Your data resources are listed in the ‘Resources’ tab of the workspace. If your resources are organized in folders, the folders may be displayed as collapsed by default. Click on the triangle to the left of the folder name to expand or collapse the view.

For more information about folders, see Organize resources into folders below. For other operations such as previewing contents and editing resource details, see Manage your data resources.


Create a new controlled resource

You can create empty storage buckets and BigQuery datasets directly from the Verily Workbench web UI. Any resource created in this way will be treated as a controlled resource, meaning that access to the resource is controlled by Workbench. This is in contrast to a referenced resource (see below).

Note that controlled data resources are tightly associated with the workspace where they are created. They are automatically shared with any collaborators who have been granted access to the workspace, and their data lifecycle matches that of the workspace. If the workspace is deleted, its controlled data resources are also deleted. If the workspace is cloned, its controlled data resources are also cloned.

Create a storage bucket

To create a new storage bucket via the web UI, click on the ‘+ Cloud resource’ button in the top right of the Resources pane and select ‘New Cloud Storage bucket.’ This will open a resource creation dialog; fill it out as detailed below.

Screenshot of a workspace's Resources page, with the New Cloud Storage bucket option highlighted.
Creating a controlled storage bucket.
  1. Enter an ID for your new resource. This will be the ID displayed when you list your resources in Workbench. The resource ID must be unique within the workspace.

  2. Use the ‘Folder path’ dropdown menu to select a folder. You’ll be able to move the bucket to a different folder after creation if desired.

  3. Provide a brief description of the resource. This is optional but highly recommended.

  4. The system will suggest a bucket name, generated automatically based on the resource ID and the Google Project associated with the workspace. The bucket name will be the name of the bucket as listed in Google Cloud (displayed in the Resource details in Workbench). You can modify or replace the suggested bucket name in the creation dialog, but note that the bucket name must be globally unique across all of Google Cloud. You will not be able to edit the bucket name once it has been created (though you may change the resource ID if you like).

Screenshot of the Creating Cloud Storage bucket dialog, showing the folder path for the newly created bucket.
Creating a controlled storage bucket. Here, the resource will be added under the "experimental data" folder.

Create a BigQuery dataset

To create a new BigQuery dataset via the web UI, click on the ‘+ Cloud resource’ button in the top right of the Resources pane and select ‘New BigQuery dataset.’ This will open a resource creation dialog; fill it out as detailed below.

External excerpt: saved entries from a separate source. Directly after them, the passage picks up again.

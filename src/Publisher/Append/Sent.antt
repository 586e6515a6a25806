-- ===== src/Publisher/Append/Sent.antt =====
-- What the appends of redis_publisher.rs hand to the writer.
use tycho_simulation_server.Base.{
  ℕ, ◌==◌, Option, none, some, List, [], ◌∷◌, Bool, true, false, ◌||◌, Text, ok, err, ◌≡◌, refl,
  sym, subst, ◌∙◌, inl, inr, arith, Bool-cases, checked_succ, if◌then◌else◌, past_map_err,
}
use tycho_simulation_server.Contract.External.{Tycho}
use tycho_simulation_server.Contract.Payload.{Payload}
use tycho_simulation_server.Contract.Boundary.{StreamEntry}
use tycho_simulation_server.Contract.Entry.{from_envelope_at}
use tycho_simulation_server.Publisher.Errors.{WriterError, Published, contract_error}
use tycho_simulation_server.Publisher.State.{PublisherState, take_version, allocate_state_version}
use tycho_simulation_server.Publisher.Append.{
  Attempt, appended, failed, timed_out, Environment, Outcome, give_up, is_stale, after_attempt,
  append_with_retry, record_outcome, append_next, append_entry_locked, commit_version, live_entry,
  append_prepared, append_versioned, append_live_payload_locked, advances_state,
}
use tycho_simulation_server.Publisher.Append.Sequence.{
  AppendOutcome, append_entry-AppendOutcome, append_live-AppendOutcome,
}

module _ {T : Tycho} {W : Type 0} (env : Environment T W) where
  -- The writer took the entry, after the errors.
  abbrev pub DeliveredAfter : List WriterError → ℕ → StreamEntry → Text → W → W → Type 0
  DeliveredAfter [] generation entry id w v = env.send_append generation entry w ≡ (appended id, v)
  DeliveredAfter (e ∷ es) generation entry id w v =
      (u : W) × (env.send_append generation entry w ≡ (failed e, u))
      × DeliveredAfter es generation entry id u v

  -- The entry was sent until the writer acknowledged it with the id, and not again.
  abbrev pub Delivered : ℕ → StreamEntry → Text → W → W → Type 0
  Delivered generation entry id w v =
      (errors : List WriterError) × DeliveredAfter errors generation entry id w v

  RetrySent : PublisherState T → StreamEntry → W → Outcome T W Text → Type 0
  RetrySent s entry w (ok id, t, v) = (t ≡ s) × Delivered s.generation entry id w v
  RetrySent s entry w (err e, t, v) = Unit

  again-RetrySent :
      (s : PublisherState T) (entry : StreamEntry) (e : WriterError) (w u : W)
      (r : Outcome T W Text)
      → env.send_append s.generation entry w ≡ (failed e, u)
      → RetrySent s entry u r
      → RetrySent s entry w r
  unfolding RetrySent
  again-RetrySent s entry e w u (ok id, t, v) q (h, (es, d)) = (h, (e ∷ es, (u, q, d)))
  again-RetrySent s entry e w u (err f, t, v) q h = tt

  after_attempt-RetrySent :
      (over : Bool) (s : PublisherState T) (entry : StreamEntry) (w : W)
      (again : WriterError → W → Outcome T W Text) (r : Attempt × W)
      → env.send_append s.generation entry w ≡ r
      → ((e : WriterError) (u : W) → RetrySent s entry u (again e u))
      → RetrySent s entry w (after_attempt env over s again r)
  unfolding RetrySent after_attempt give_up
  after_attempt-RetrySent over s entry w again (appended id, v) q h = (refl, ([], q))
  after_attempt-RetrySent over s entry w again (timed_out, v) q h = tt
  after_attempt-RetrySent over s entry w again (failed e, v) q h =
      elim (Bool-cases (is_stale e || over)) [
        | inl b ↦ rw b tt
        | inr b ↦ rw b (again-RetrySent s entry e w v (again e v) q (h e v))
      ]

  append_with_retry-RetrySent :
      (clock : List Bool) (last_error : Option WriterError) (s : PublisherState T)
      (entry : StreamEntry) (w : W)
      → RetrySent s entry w (append_with_retry env clock last_error s entry w)
  unfolding append_with_retry RetrySent give_up
  append_with_retry-RetrySent [] last_error s entry w = tt
  append_with_retry-RetrySent (over ∷ clock) last_error s entry w =
      after_attempt-RetrySent over s entry w _ _ refl
        (λ e v. append_with_retry-RetrySent clock (some e) s entry v)

  -- An entry that was appended is the one with the next number, and the writer took it.
  unfoldable pub EntrySent : PublisherState T → StreamEntry → W → Outcome T W Text → Type 0
  EntrySent s entry w (ok id, t, v) =
      (entry.message_seq ≡ s.next_entry_seq) × Delivered s.generation entry id w v
  EntrySent s entry w (err e, t, v) = Unit

  record_outcome-EntrySent :
      (next : ℕ) (s : PublisherState T) (entry : StreamEntry) (w : W) (r : Outcome T W Text)
      → entry.message_seq ≡ s.next_entry_seq
      → RetrySent s entry w r
      → EntrySent s entry w (record_outcome env next r)
  unfolding EntrySent RetrySent record_outcome
  record_outcome-EntrySent next s entry w (ok id, t, v) n (h, d) = (n, d)
  record_outcome-EntrySent next s entry w (err e, t, v) n h = tt

  append_next-EntrySent :
      (clock : List Bool) (s : PublisherState T) (entry : StreamEntry) (w : W) (next : Option ℕ)
      → entry.message_seq ≡ s.next_entry_seq
      → EntrySent s entry w (append_next env clock s entry w next)
  unfolding append_next EntrySent
  append_next-EntrySent clock s entry w none n = tt
  append_next-EntrySent clock s entry w (some next) n =
      record_outcome-EntrySent next s entry w _ n (append_with_retry-RetrySent clock none s entry w)

  pub append_entry-EntrySent :
      (clock : List Bool) (s : PublisherState T) (entry : StreamEntry) (w : W)
      → EntrySent s entry w (append_entry_locked env clock s entry w)
  unfolding append_entry_locked EntrySent
  append_entry-EntrySent clock s entry w =
      elim (Bool-cases (entry.message_seq == s.next_entry_seq)) [
        | inl q ↦ rw q (append_next-EntrySent clock s entry w _ (ground (arith, q)))
        | inr q ↦ rw q tt
      ]

  -- The entry of the payload for the stream, with a number and a state version.
  abbrev pub IsEntryOf : ℕ → PublisherState T → Payload T → ℕ → StreamEntry → Type 0
  IsEntryOf now s p version entry =
      from_envelope_at env.json env.chain_id
        (record { stream_id = s.stream_id; message_seq = s.next_entry_seq; payload = p }) now
        version
      ≡ ok entry

  -- The writer took the entry of the payload, with the next number and the version that is committed
  -- now.
  unfoldable pub LiveSent : ℕ → PublisherState T → Payload T → W → Outcome T W Text → Type 0
  LiveSent now s p w (ok id, t, v) =
      (entry : StreamEntry) × IsEntryOf now s p t.committed_state_version entry
      × Delivered s.generation entry id w v
  LiveSent now s p w (err e, t, v) = Unit

  live_entry-IsEntryOf :
      (now : ℕ) (s : PublisherState T) (p : Payload T) (version : ℕ) (entry : StreamEntry)
      → live_entry env now s p version ≡ ok entry
      → IsEntryOf now s p version entry
  unfolding live_entry
  live_entry-IsEntryOf now s p version entry h = past_map_err contract_error _ (ground (arith, h))

  commit_version-LiveSent :
      (a : Bool) (v now : ℕ) (s : PublisherState T) (p : Payload T) (entry : StreamEntry) (w : W)
      (r : Outcome T W Text)
      → (a ≡ false → v ≡ s.committed_state_version)
      → IsEntryOf now s p v entry
      → EntrySent s entry w r
      → AppendOutcome env false s r
      → LiveSent now s p w (commit_version env a v r)
  unfolding commit_version EntrySent LiveSent AppendOutcome
  commit_version-LiveSent true v now s p entry w (ok id, t, u) c i (n, d) m = (entry, i, d)
  commit_version-LiveSent false v now s p entry w (ok id, t, u) c i (n, d) m =
      (entry, subst (λ x. IsEntryOf now s p x entry) (c refl ∙ sym m.committed) i, d)
  commit_version-LiveSent true v now s p entry w (err e, t, u) c i h m = tt
  commit_version-LiveSent false v now s p entry w (err e, t, u) c i h m = tt

  append_prepared-LiveSent :
      (clock : List Bool) (a : Bool) (v now : ℕ) (s : PublisherState T) (p : Payload T) (w : W)
      (entry : Published StreamEntry)
      → live_entry env now s p v ≡ entry
      → (a ≡ false → v ≡ s.committed_state_version)
      → LiveSent now s p w (append_prepared env clock a v s w entry)
  unfolding append_prepared LiveSent
  append_prepared-LiveSent clock a v now s p w (err e) q c = tt
  append_prepared-LiveSent clock a v now s p w (ok entry) q c =
      commit_version-LiveSent a v now s p entry w _ c (live_entry-IsEntryOf now s p v entry q)
        (append_entry-EntrySent clock s entry w) (append_entry-AppendOutcome env clock s entry w)

  -- A version was taken: nothing else of the state changes.
  VersionTaken : Bool → PublisherState T → Published ℕ × PublisherState T → Type 0
  VersionTaken a s (ok v, u) =
      ((n : ℕ) × (u ≡ record s { next_state_version = n }))
      × (a ≡ false → v ≡ u.committed_state_version)
  VersionTaken a s (err e, u) = Unit

  append_versioned-LiveSent :
      (clock : List Bool) (now : ℕ) (s : PublisherState T) (p : Payload T) (w : W)
      (r : Published ℕ × PublisherState T)
      → VersionTaken (advances_state p) s r
      → LiveSent now s p w (append_versioned env clock now p w r)
  unfolding append_versioned LiveSent VersionTaken
  append_versioned-LiveSent clock now s p w (err e, u) h = tt
  append_versioned-LiveSent clock now s p w (ok v, u) ((n, q), c) =
      subst
        (λ t.
          LiveSent now t p w
            (append_prepared env clock (advances_state p) v u w (live_entry env now u p v)))
        q (append_prepared-LiveSent clock (advances_state p) v now u p w _ refl c)

  take_version-VersionTaken :
      (s : PublisherState T) (v : Option ℕ) → VersionTaken true s (take_version s v)
  unfolding VersionTaken take_version
  take_version-VersionTaken s none = tt
  take_version-VersionTaken s (some n) = ((n, refl), λ h. cc h)

  version-VersionTaken :
      (a : Bool) (s : PublisherState T)
      → VersionTaken a s (if a then allocate_state_version s else (ok s.committed_state_version, s))
  unfolding VersionTaken allocate_state_version
  version-VersionTaken true s = take_version-VersionTaken s (checked_succ s.next_state_version)
  version-VersionTaken false s = ((s.next_state_version, refl), λ h. refl)

  append_live-LiveSent :
      (clock : List Bool) (now : ℕ) (s : PublisherState T) (p : Payload T) (w : W)
      → LiveSent now s p w (append_live_payload_locked env clock now s p w)
  unfolding append_live_payload_locked
  append_live-LiveSent clock now s p w =
      append_versioned-LiveSent clock now s p w _ (version-VersionTaken (advances_state p) s)

  -- A live payload that is appended was sent until the writer took it, and no more, as the entry of
  -- the next sequence number and of the version that is committed afterwards. That version is, for an
  -- update, above every version allocated before, failed appends included; other payloads leave it.
  -- A payload that is not appended leaves the sequence number, the committed version and the latest
  -- entry as they were.
  pub append_live-Sent :
      (clock : List Bool) (now : ℕ) (s : PublisherState T) (p : Payload T) (w : W)
      → AppendOutcome env (advances_state p) s (append_live_payload_locked env clock now s p w)
        × LiveSent now s p w (append_live_payload_locked env clock now s p w)
  append_live-Sent clock now s p w =
      (append_live-AppendOutcome env clock now s p w, append_live-LiveSent clock now s p w)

Screenshot of a workspace's Resources page, with the New BigQuery dataset option highlighted.
Creating a controlled BigQuery dataset.
  1. Enter an ID for your new resource. This will be the ID displayed when you list your resources in Workbench. The resource ID must be unique within the workspace.

  2. Use the ‘Folder path’ dropdown menu to select a folder. You’ll be able to move the dataset to a different folder after creation if desired.

  3. Provide a brief description of the resource. This is optional but highly recommended.

  4. The system will suggest a dataset ID, generated automatically based on the resource ID. The dataset ID will be the name of the dataset as listed in Google Cloud (displayed in the Resource details in Workbench). You can modify or replace the suggested dataset ID in the creation dialog, but note that the dataset ID must be unique within your Google Cloud project (but not across all of Google Cloud). You will not be able to edit the dataset ID once it has been created.

Screenshot of the Creating BigQuery dataset dialog.
Creating a controlled BigQuery dataset. This resource will be stored in the "test data" folder.

Add a reference to an existing resource

You can reference existing storage buckets and files as well as existing BigQuery datasets and tables based on their Google Cloud identifiers. Any resource added in this way will be treated as a referenced resource, meaning that access to the resource is not controlled by Workbench. This is in contrast to a controlled resource (see above).

Note that as a result, access to referenced data resources is not automatically granted to collaborators who have been granted access to the workspace. For information about sharing a referenced data resource with collaborators, visit Access levels and privileges.

Access a resource in the Google Cloud console

If you need the name or ID of a referenced resource, you can access it through the Google Cloud console. To do so, select the resource in the Resources list and click on the ‘Open in GCP’ button in the information pane on the right. This will open a new tab or window in your web browser.

Reference a storage bucket

To reference an existing storage bucket via the web UI, click on the ‘+ Cloud resource’ button in the top right of the Resources pane and select ‘Reference Cloud Storage bucket.’ This will open a resource addition dialog; fill it out as detailed below.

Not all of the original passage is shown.